*Records excerpted from a collection*:
+ + + + + + +
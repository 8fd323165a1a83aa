-- ===== src/Authentication/Pinning.antt =====
-- src/authentication.rs: which station the handshake listens to.
use sysu_netauth.Common.{
  ℕ, ◌≡◌, refl, ◌≢◌, ◌⊎◌, inl, inr, Bool, true, Option, none, some, List, arith, Result, ok, err,
  if◌then◌else◌, ◌==◌, Bool-cases,
}
use sysu_netauth.Common.Bytes.{bytes_eq_sound}
use sysu_netauth.Protocol.{Packet, Md5, answer, pae}
use sysu_netauth.Authentication.{
  ignore, response, success, failure, addressed_to, receive, code_arm, request_arm, peer_changed,
}

-- What the last match does with the reply.
code_arm_cases :
    (peer : Option (List ℕ)) (packet : Packet) (changed : Bool) (reply : Result (Option (List ℕ)))
    → let r = code_arm peer packet changed reply in
      (r.0 ≡ peer)
      ⊎ ((bytes : List ℕ) × (reply ≡ ok (some bytes))
          × (packet.code ≡ 1)
          × (r ≡ (some packet.source, ok (response bytes changed))))
unfolding code_arm request_arm
code_arm_cases peer packet changed (err e) = inl (ground arith)
code_arm_cases peer packet changed (ok none) = inl (ground arith)
code_arm_cases peer packet changed (ok (some bytes)) = elim (Bool-cases (packet.code == 1)) [
  | inl one ↦ inr (bytes, refl, ground arith, ground arith)
  | inr other ↦ inl (ground arith)
]

-- The ways through `receive`: a frame is ignored, or it reaches `match packet.code`.
abbrev Passes : Md5 → Option (List ℕ) → List ℕ → Packet → List ℕ → List ℕ → Bool → Type 0
Passes md5 peer local packet username password online =
    let r = receive md5 peer local packet username password online in
    let reply = answer md5 local (if online then pae else packet.source) packet username password in
    (r ≡ (peer, ok ignore))
    ⊎ ((r ≡ code_arm peer packet (peer_changed peer packet) reply)
        × (addressed_to packet local ≡ true)
        × ((peer ≡ some packet.source) ⊎ (packet.code ≡ 1))
        × ((online ≡ true) ⊎ (peer ≡ none) ⊎ (peer ≡ some packet.source)))

pub receive-Passes :
    (md5 : Md5) (peer : Option (List ℕ)) (local : List ℕ) (packet : Packet)
    (username password : List ℕ) (online : Bool)
    → Passes md5 peer local packet username password online
unfolding receive
receive-Passes md5 none local packet username password online = ground arith
receive-Passes md5 (some p) local packet username password online =
    ground (arith, bytes_eq_sound p packet.source)

code_arm_verdict :
    (peer : Option (List ℕ)) (packet : Packet) (changed : Bool) (reply : Result (Option (List ℕ)))
    → let r = code_arm peer packet changed reply in
      (r.1 ≡ ok success) ⊎ (r.1 ≡ ok failure) → (packet.code ≢ 1) × (r.0 ≡ peer)
unfolding code_arm request_arm
code_arm_verdict peer packet changed (err e) h = ground arith
code_arm_verdict peer packet changed (ok none) h = ground arith
code_arm_verdict peer packet changed (ok (some bytes)) h = ground arith

module _ (md5 : Md5) (peer : Option (List ℕ)) (local : List ℕ) (packet : Packet)
    (username password : List ℕ) (online : Bool) where
  abbrev reply : Result (Option (List ℕ))
  reply = answer md5 local (if online then pae else packet.source) packet username password

  abbrev passes : Passes md5 peer local packet username password online
  passes = receive-Passes md5 peer local packet username password online

  -- The pinned station stays, or becomes the sender of a request; another one than before it
  -- becomes only while the connection is up or when none was pinned.
  pub receive-repins :
      let r = receive md5 peer local packet username password online in
      (r.0 ≡ peer)
      ⊎ ((r.0 ≡ some packet.source)
          × (packet.code ≡ 1)
          × ((online ≡ true) ⊎ (peer ≡ none) ⊎ (peer ≡ some packet.source)))
  receive-repins =
      ground (arith, passes, code_arm_cases peer packet (peer_changed peer packet) reply)

  -- Success and failure count only from the pinned station, addressed to this one, and leave it
  -- pinned.
  pub receive_verdict :
      let r = receive md5 peer local packet username password online in
      (r.1 ≡ ok success) ⊎ (r.1 ≡ ok failure)
      → (peer ≡ some packet.source) × (addressed_to packet local ≡ true) × (r.0 ≡ peer)
  receive_verdict h =
      ground (arith, passes, code_arm_verdict peer packet (peer_changed peer packet) reply)
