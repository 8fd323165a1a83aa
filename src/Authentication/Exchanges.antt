-- ===== src/Authentication/Exchanges.antt =====
-- src/authentication.rs: what the handshake sends, and what it does with errors.
use sysu_netauth.Common.{
  ℕ, ◌≡◌, refl, ◌⊎◌, inl, inr, Bool, true, false, Option, none, some, List, ◌++◌, arith, Result, ok,
  err, if◌then◌else◌, String,
}
use sysu_netauth.Common.Bytes.{bytes_eq_sound}
use sysu_netauth.Protocol.{Packet, IsMac, six, Md5, answer, pae, parse}
use sysu_netauth.Protocol.RoundTrip.{returned}
use sysu_netauth.Protocol.Answer.{Replies, answer-parse}
use sysu_netauth.Authentication.{
  response, addressed_to, receive, code_arm, request_arm, peer_changed,
}
use sysu_netauth.Authentication.Pinning.{receive-Passes}

-- Where an answer goes: to the group address once online, before to the sender of the request.
abbrev pub destination : Bool → Packet → List ℕ
destination online packet = if online then pae else packet.source

destination-IsMac :
    (online : Bool) (packet : Packet) → IsMac packet.source → IsMac (destination online packet)
destination-IsMac true packet m = six
destination-IsMac false packet m = m

code_arm-response :
    (peer : Option (List ℕ)) (packet : Packet) (c : Bool) (reply : Result (Option (List ℕ)))
    (bytes : List ℕ) (changed : Bool)
    → (code_arm peer packet c reply).1 ≡ ok (response bytes changed)
    → (reply ≡ ok (some bytes))
      × (changed ≡ c)
      × ((code_arm peer packet c reply).0 ≡ some packet.source)
unfolding code_arm request_arm
code_arm-response peer packet c (err e) bytes changed h = ground arith
code_arm-response peer packet c (ok none) bytes changed h = ground arith
code_arm-response peer packet c (ok (some b)) bytes changed h = ground arith

code_arm_error :
    (peer : Option (List ℕ)) (packet : Packet) (c : Bool) (reply : Result (Option (List ℕ)))
    (e : String)
    → (code_arm peer packet c reply).1 ≡ err e
    → (reply ≡ err e) × (c ≡ false) × ((code_arm peer packet c reply).0 ≡ peer)
unfolding code_arm request_arm
code_arm_error peer packet c (err x) e h = ground arith
code_arm_error peer packet c (ok none) e h = ground arith
code_arm_error peer packet c (ok (some b)) e h = ground arith

module _ (md5 : Md5) (peer : Option (List ℕ)) (local : List ℕ) (packet : Packet)
    (username password : List ℕ) (online : Bool) where
  abbrev reply : Result (Option (List ℕ))
  reply = answer md5 local (destination online packet) packet username password

  -- A frame is sent only to answer a request addressed to this station; its sender is pinned, and
  -- the frame parses back to a response from this station with the identifier of the request.
  pub receive-response :
      (padding bytes : List ℕ) (changed : Bool)
      → IsMac local
      → IsMac packet.source
      → (receive md5 peer local packet username password online).1 ≡ ok (response bytes changed)
      → (addressed_to packet local ≡ true)
        × ((receive md5 peer local packet username password online).0 ≡ some packet.source)
        × (packet.code ≡ 1)
        × (k : ℕ) × (body : List ℕ) × Replies md5 packet username password k body
        × (parse (bytes ++ padding)
            ≡ some (returned local (destination online packet) packet.id k body))
  receive-response padding bytes changed here there h =
      elim (receive-Passes md5 peer local packet username password online) [
        | inl e ↦ absurd (ground arith)
        | inr (e, addressed, _, _) ↦
            let (q, _, pinned) =
              code_arm-response peer packet (peer_changed peer packet) reply bytes changed
                (ground arith) in
            let (one, k, body, r, back) =
              answer-parse md5 local (destination online packet) packet username password padding
                {bytes = bytes} here (destination-IsMac online packet there) q in
            (addressed, ground arith, one, k, body, r, back)
      ]

  -- An error comes only from the pinned station, or before a station is pinned: another
  -- authenticator cannot make the handshake fail with a malformed challenge.
  pub receive_error :
      (e : String)
      → (receive md5 peer local packet username password online).1 ≡ err e
      → ((peer ≡ none) ⊎ (peer ≡ some packet.source))
        × ((receive md5 peer local packet username password online).0 ≡ peer)
  receive_error e h = elim (receive-Passes md5 peer local packet username password online) [
    | inl q ↦ absurd (ground arith)
    | inr (q, _, pinned, before) ↦
        let (_, same, kept) =
          code_arm_error peer packet (peer_changed peer packet) reply e (ground arith) in
        (unchanged peer same, ground arith)
  ]
    where
      unchanged :
          (p : Option (List ℕ))
          → peer_changed p packet ≡ false
          → (p ≡ none) ⊎ (p ≡ some packet.source)
      unchanged none h = inl refl
      unchanged (some p) h = inr (ground (arith, bytes_eq_sound p packet.source))
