-- ===== src/Config.antt =====
-- src/config.rs: settings, their validation, the preferences patch, loading and saving. The file
-- system and the JSON reader stand behind `FileRead`, what reading a file came to.
use Prim.Native.String.{len}
use text.Mathlib.Text.{◌==◌ as str_eq}
pub mod Storage
pub mod Validation
use sysu_netauth.Common.{
  ℕ, Bool, true, false, not, ◌&&◌, ◌||◌, Option, none, some, leb, Result, ok, err, ◌>>=◌, ◌>>◌,
  ensure, String,
}
use sysu_netauth.Protocol.{Encoder, gbk}

pub record Config : Type 0 where
  pub username : String
  pub password : String
  pub iface : String
  pub iface_mode : String
  pub auto_auth : Bool
  pub retry_interval : ℕ
  pub service_mode : Bool
  pub launch_gui_on_login : Bool
  pub hide_window_on_login : Bool
  pub desktop_notify : Bool
  pub auto_update_check : Bool
  pub update_notify : Bool

abbrev pub default : Config
default = record {
  username = "";
  password = "";
  iface = "";
  iface_mode = "auto";
  auto_auth = true;
  retry_interval = 60;
  service_mode = true;
  launch_gui_on_login = false;
  hide_window_on_login = true;
  desktop_notify = false;
  auto_update_check = true;
  update_notify = true;
}

unfoldable pub validate : Encoder → Config → Result (Unit {0})
validate encode c = do
  ensure (str_eq c.iface_mode "auto" || str_eq c.iface_mode "manual")
      "iface_mode must be auto or manual"
  ensure (leb 15 c.retry_interval && leb c.retry_interval 3600)
      "retry_interval must be 15–3600 seconds"
  ensure (leb (len c.username) 512 && leb (len c.password) 1024 && leb (len c.iface) 512)
      "configuration value too long"
  gbk encode c.username >>= λ _. gbk encode c.password >>= λ _. ok tt

unfoldable pub validate_auth : Encoder → Config → Result (Unit {0})
validate_auth encode c = do
  validate encode c
  ensure (not (str_eq c.username "") && not (str_eq c.password "")) "需要配置 NetID 和密码"
  ensure (not (str_eq c.iface_mode "manual") || not (str_eq c.iface "")) "请选择网卡"

pub record PreferencesPatch : Type 0 where
  pub auto_auth : Option Bool
  pub launch_gui_on_login : Option Bool
  pub hide_window_on_login : Option Bool
  pub desktop_notify : Option Bool
  pub auto_update_check : Option Bool
  pub update_notify : Option Bool

abbrev patched : Option Bool → Bool → Bool
patched none old = old
patched (some v) old = v

unfoldable pub apply : PreferencesPatch → Config → Config
apply p c = record c {
  auto_auth = patched p.auto_auth c.auto_auth;
  launch_gui_on_login = patched p.launch_gui_on_login c.launch_gui_on_login;
  hide_window_on_login = patched p.hide_window_on_login c.hide_window_on_login;
  desktop_notify = patched p.desktop_notify c.desktop_notify;
  auto_update_check = patched p.auto_update_check c.auto_update_check;
  update_notify = patched p.update_notify c.update_notify;
}

-- `Cache`: the adapter that authenticated last.
pub record Cache : Type 0 where
  pub last_success_id : String

-- The configuration file: absent, not readable as a `Config`, or read.
pub data FileRead : Type 0 where
  missing : FileRead
  unreadable : String → FileRead
  found : Config → FileRead

unfoldable pub load : Encoder → FileRead → Result Config
load encode missing = ok default
load encode (unreadable e) = err e
load encode (found c) = do validate encode c; ok c

-- `write` is what `atomic_write` comes to; nothing is written unless the settings are valid.
unfoldable pub save : Encoder → Config → Result (Unit {0}) → Result (Unit {0})
save encode c write = do validate encode c; write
+ + + + + + +
*WHAT TO PRODUCE*: Please give only the number of lines above that contain "Encoder".

*EXERCISE SOLUTION*: 5